Since $f$ is a homeomorphism near any point of $U-X$, hence we need only to prove $f$ is open near every point $p$ of $X$. Because $X$ is discrete, we can choose a small open ball $B(p,r)$ around $p$ such that $B(p,r)\cap X=\{p\}$. Denote $q=f(p)$, so we need only to prove that $f(B(p,r))$ is a neighborhood of $q$.
Since $f$ is locally homeomorphism in $U-X$, $f^{-1}(q)-X$ must be a discrete set, hence $f^{-1}(q)$ is also discrete. Therefore, we can choose $r>0$ properly such that $q\notin f(\partial B(p,r))$.
By continuousness of $f$, we have $f(\partial B(p,r))$ compact, hence there exists $\delta>0$ such that $B(q,2\delta)\cap f(\partial B(p,r))=\emptyset$.
Denote $B_0(p,r)=B(p,r)-\{p\}$, $A_{\epsilon}=\overline{B(q,\delta)}-B(q,\epsilon)$, where $0<\epsilon<\delta$. Let's look at the set $C_\epsilon:=A_\epsilon\cap f(B(p,r)).$
On the one hand, $C_\epsilon=A_\epsilon\cap f(\overline{B(p,r)})$ is compact hence closed in $A_\epsilon$; on the otherhand $C_\epsilon=A_\epsilon\cap f(B_0(p,r))$ is open in $A_\epsilon$ (since $f(B_0(p,r))$ is open by $f$ locally homeomorphism).
Conclusion: $C_\epsilon$ is both open and closed in $A_\epsilon$.
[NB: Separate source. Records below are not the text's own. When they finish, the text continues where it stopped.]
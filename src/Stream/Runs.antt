-- ===== src/Stream/Runs.antt =====
-- copy-trader-v1.6.63/src/grpc/subscriber.rs: any run of the loop of `subscribe`.
use mathlib.Core.Path.{subst}
use rust_solana_cc_v.Prelude.{
  ℕ, ◌+◌, Bool, true, ◌≡◌, ◌≤◌, inl, inr, refl, Option, none, some, List, [], ◌∷◌, arith, length,
  Str, Pubkey, All, if_cases, sym, ap, ◌∙◌, Option-cases, Bool-cases,
}
use rust_solana_cc_v.Groups.Manager.{member}
use rust_solana_cc_v.Trade.{pumpfun}
use rust_solana_cc_v.Stream.Types.{DetectedTrade, StatusMeta, Message, Transaction, Chain}
use rust_solana_cc_v.Stream.Wallets.{same_wallets}
use rust_solana_cc_v.Stream.Cpi.{Outcome, returned, missing_message, panicked}
use rust_solana_cc_v.Stream.Parse.{parse_transaction}
use rust_solana_cc_v.Stream.Sorted.{same_wallets_eq}
use rust_solana_cc_v.Stream.Sound.{parse_transaction_sound}
use rust_solana_cc_v.Stream.Subscribe.{
  TransactionInfo, StreamEvent, transaction_update, other_update, stream_error, stream_end,
  check_subscription, wallets_changed, StreamStatus, running, finished, failed, crashed,
  Subscription, build_subscribe_request, start, detected_slices_fit, send_trade, receive,
  check_wallets, handle_event, subscribe,
}

while_running {κ} :
    (P : Subscription → Type κ) (status : StreamStatus) {s t : Subscription}
    → P t
    → P s
    → P (elim status [ running ↦ t | finished ↦ s | failed ↦ s | crashed ↦ s ])
while_running P running more ended = more
while_running P finished more ended = ended
while_running P failed more ended = ended
while_running P crashed more ended = ended

module _ {V : Type 0} (chain : Chain V) where
  -- The request that is in force.
  abbrev pub in_force : List (List Str) → List Str
  in_force [] = []
  in_force (r ∷ rs) = r

  -- A trade that may go out: its wallet is among its accounts, its kind Pump.fun.
  abbrev pub IsSendable : DetectedTrade → Type 0
  IsSendable trade =
      (member trade.source_wallet trade.all_account_keys ≡ true) × (trade.trade_type ≡ pumpfun)

  -- What holds of the locals of the loop.
  pub record IsConsistent (s : Subscription) : Type 0 where
    pub sent_sound : All IsSendable s.sent
    pub sent_counted : length s.sent ≤ s.total_matched
    pub matched_received : s.total_matched ≤ s.total_received
    pub request_current : in_force s.requests ≡ build_subscribe_request chain s.last_wallets

  parse-IsSendable :
      (targets : List Pubkey) (signature : List ℕ) (tx : Transaction) (message : Option Message)
      (meta : Option StatusMeta) (t : ℕ) (trade : DetectedTrade)
      → parse_transaction chain targets signature tx message meta t ≡ returned (some trade)
      → IsSendable trade
  unfolding parse_transaction
  parse-IsSendable targets signature tx none meta t trade h = cc
  parse-IsSendable targets signature tx (some message) meta t trade h =
      let sound = parse_transaction_sound chain targets signature tx message meta t trade h in
      let d = sound.2 in
      (subst (λ keys. member trade.source_wallet keys ≡ true) (sym d.keys_are) sound.1, d.kind_is)

  -- One more update is received.
  received-IsConsistent :
      (s : Subscription)
      → IsConsistent s
      → IsConsistent (record s { total_received = s.total_received + 1 })
  received-IsConsistent s h = record {
    sent_sound = h.sent_sound;
    sent_counted = h.sent_counted;
    matched_received = omega (arith, h.matched_received);
    request_current = h.request_current;
  }

  send_trade-IsConsistent :
      (trade : DetectedTrade) (channel_open : Bool) (s : Subscription)
      → IsSendable trade
      → IsConsistent s
      → s.total_matched + 1 ≤ s.total_received
      → IsConsistent (send_trade chain trade channel_open s)
  unfolding send_trade
  send_trade-IsConsistent trade channel_open s ok h room =
      let counted : length s.sent ≤ s.total_matched + 1 = omega (arith, h.sent_counted) in
      if_cases IsConsistent (detected_slices_fit chain trade)
        (λ fit.
          if_cases IsConsistent channel_open
            (λ is_open. record {
              sent_sound = (ok, h.sent_sound);
              sent_counted = omega (arith, h.sent_counted);
              matched_received = room;
              request_current = h.request_current;
            })
            (λ is_closed. record {
              sent_sound = h.sent_sound;
              sent_counted = counted;
              matched_received = room;
              request_current = h.request_current;
            }))
        (λ unfit. record {
          sent_sound = h.sent_sound;
          sent_counted = counted;
          matched_received = room;
          request_current = h.request_current;
        })

  with_status :
      (s : Subscription) (status : StreamStatus)
      → IsConsistent s
      → IsConsistent (record s { status = status })
  with_status s status h = record {
    sent_sound = h.sent_sound;
    sent_counted = h.sent_counted;
    matched_received = h.matched_received;
    request_current = h.request_current;
  }

  receive-IsConsistent :
      (info : TransactionInfo) (t : ℕ) (channel_open : Bool) (s : Subscription)
      → IsConsistent s
      → s.total_matched + 1 ≤ s.total_received
      → IsConsistent (receive chain info t channel_open s)
  unfolding receive
  receive-IsConsistent info t channel_open s h room = elim (Option-cases info.transaction) [
    | inl e ↦ rw (e, receive) h
    | inr (tx, e) ↦
        rw (e, receive)
          (outcome
            (parse_transaction chain s.target_wallets info.signature tx tx.message info.meta t)
            (λ trade.
              parse-IsSendable s.target_wallets info.signature tx tx.message info.meta t trade))
  ]
    where
      outcome :
          (o : Outcome (Option DetectedTrade))
          → ((trade : DetectedTrade) → o ≡ returned (some trade) → IsSendable trade)
          → IsConsistent (elim o [
            | missing_message ↦ s
            | panicked ↦ record s { status = crashed }
            | returned r ↦ elim r [ none ↦ s | some trade ↦ send_trade chain trade channel_open s ]
          ])
      outcome missing_message ok = h
      outcome panicked ok = with_status s crashed h
      outcome (returned none) ok = h
      outcome (returned (some trade)) ok =
          send_trade-IsConsistent trade channel_open s (ok trade refl) h room

  handle_event-IsConsistent :
      (e : StreamEvent) (s : Subscription) → IsConsistent s → IsConsistent (handle_event chain e s)
  unfolding handle_event check_wallets
  handle_event-IsConsistent (transaction_update none t channel_open) s h = received-IsConsistent s h
  handle_event-IsConsistent (transaction_update (some info) t channel_open) s h =
      receive-IsConsistent info t channel_open (record s { total_received = s.total_received + 1 })
        (received-IsConsistent s h) (omega (arith, h.matched_received))
  handle_event-IsConsistent other_update s h = h
  handle_event-IsConsistent stream_error s h = with_status s failed h
  handle_event-IsConsistent stream_end s h = with_status s finished h
  handle_event-IsConsistent (check_subscription request_sent) s h =
      if_cases IsConsistent (same_wallets s.target_wallets s.last_wallets) (λ same. h)
        (λ changed.
          if_cases IsConsistent request_sent
            (λ went_out. record {
              sent_sound = h.sent_sound;
              sent_counted = h.sent_counted;
              matched_received = h.matched_received;
              request_current = refl;
            })
            (λ lost. h))
  handle_event-IsConsistent (wallets_changed wallets) s h = record {
    sent_sound = h.sent_sound;
    sent_counted = h.sent_counted;
    matched_received = h.matched_received;
    request_current = h.request_current;
  }

  run-IsConsistent :
      (es : List StreamEvent) (s : Subscription)
      → IsConsistent s
      → IsConsistent (subscribe chain es s)
  unfolding subscribe
  run-IsConsistent [] s h = h
  run-IsConsistent (e ∷ es) s h =
      while_running IsConsistent s.status
        (run-IsConsistent es (handle_event chain e s) (handle_event-IsConsistent e s h)) h

  -- Whatever comes, every trade that is sent is on Pump.fun and of a wallet among the keys of its
  -- transaction, no more are sent than matched nor matched than received, and the last request names
  -- the wallets that the loop compares with; and a check whose request goes out leaves the last request
  -- naming the current wallets.
  pub subscribe-IsConsistent :
      (wallets : List Pubkey) (es : List StreamEvent)
      → (let s = subscribe chain es (start chain wallets) in
          IsConsistent s
          × (in_force (check_wallets chain true s).requests
              ≡ build_subscribe_request chain s.target_wallets))
  unfolding check_wallets start
  subscribe-IsConsistent wallets es =
      let began : IsConsistent (start chain wallets) = record {
        sent_sound = tt;
        sent_counted = omega arith;
        matched_received = omega arith;
        request_current = refl;
      } in
      let s = subscribe chain es (start chain wallets) in
      let h = run-IsConsistent es (start chain wallets) began in (h, current s h)
    where
      current :
          (s : Subscription)
          → IsConsistent s
          → in_force (check_wallets chain true s).requests
            ≡ build_subscribe_request chain s.target_wallets
      current s h = elim (Bool-cases (same_wallets s.target_wallets s.last_wallets)) [
        | inr changed ↦ rw (changed, check_wallets) refl
        | inl same ↦
            rw (same, check_wallets)
              (h.request_current
                ∙ ap (build_subscribe_request chain) (sym (same_wallets_eq _ _ same)))
      ]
Note that $A_\epsilon$ is connected if and only if $n>1$, so if $n>1$ we have $C_\epsilon=A_\epsilon$ or $\emptyset$. For sufficiently small $\epsilon$, we always have $C_\epsilon \neq \emptyset$, hence $C_\epsilon =A_\epsilon$ for every $\epsilon>0$ sufficiently small. That is to say, $A_{\epsilon}\subset f(B(p,r))$ for $\epsilon>0$ sufficiently small. Therefore, put $\epsilon\rightarrow 0$ we have $B(q,\delta)\subset f(B(p,r))$, hence finish the proof.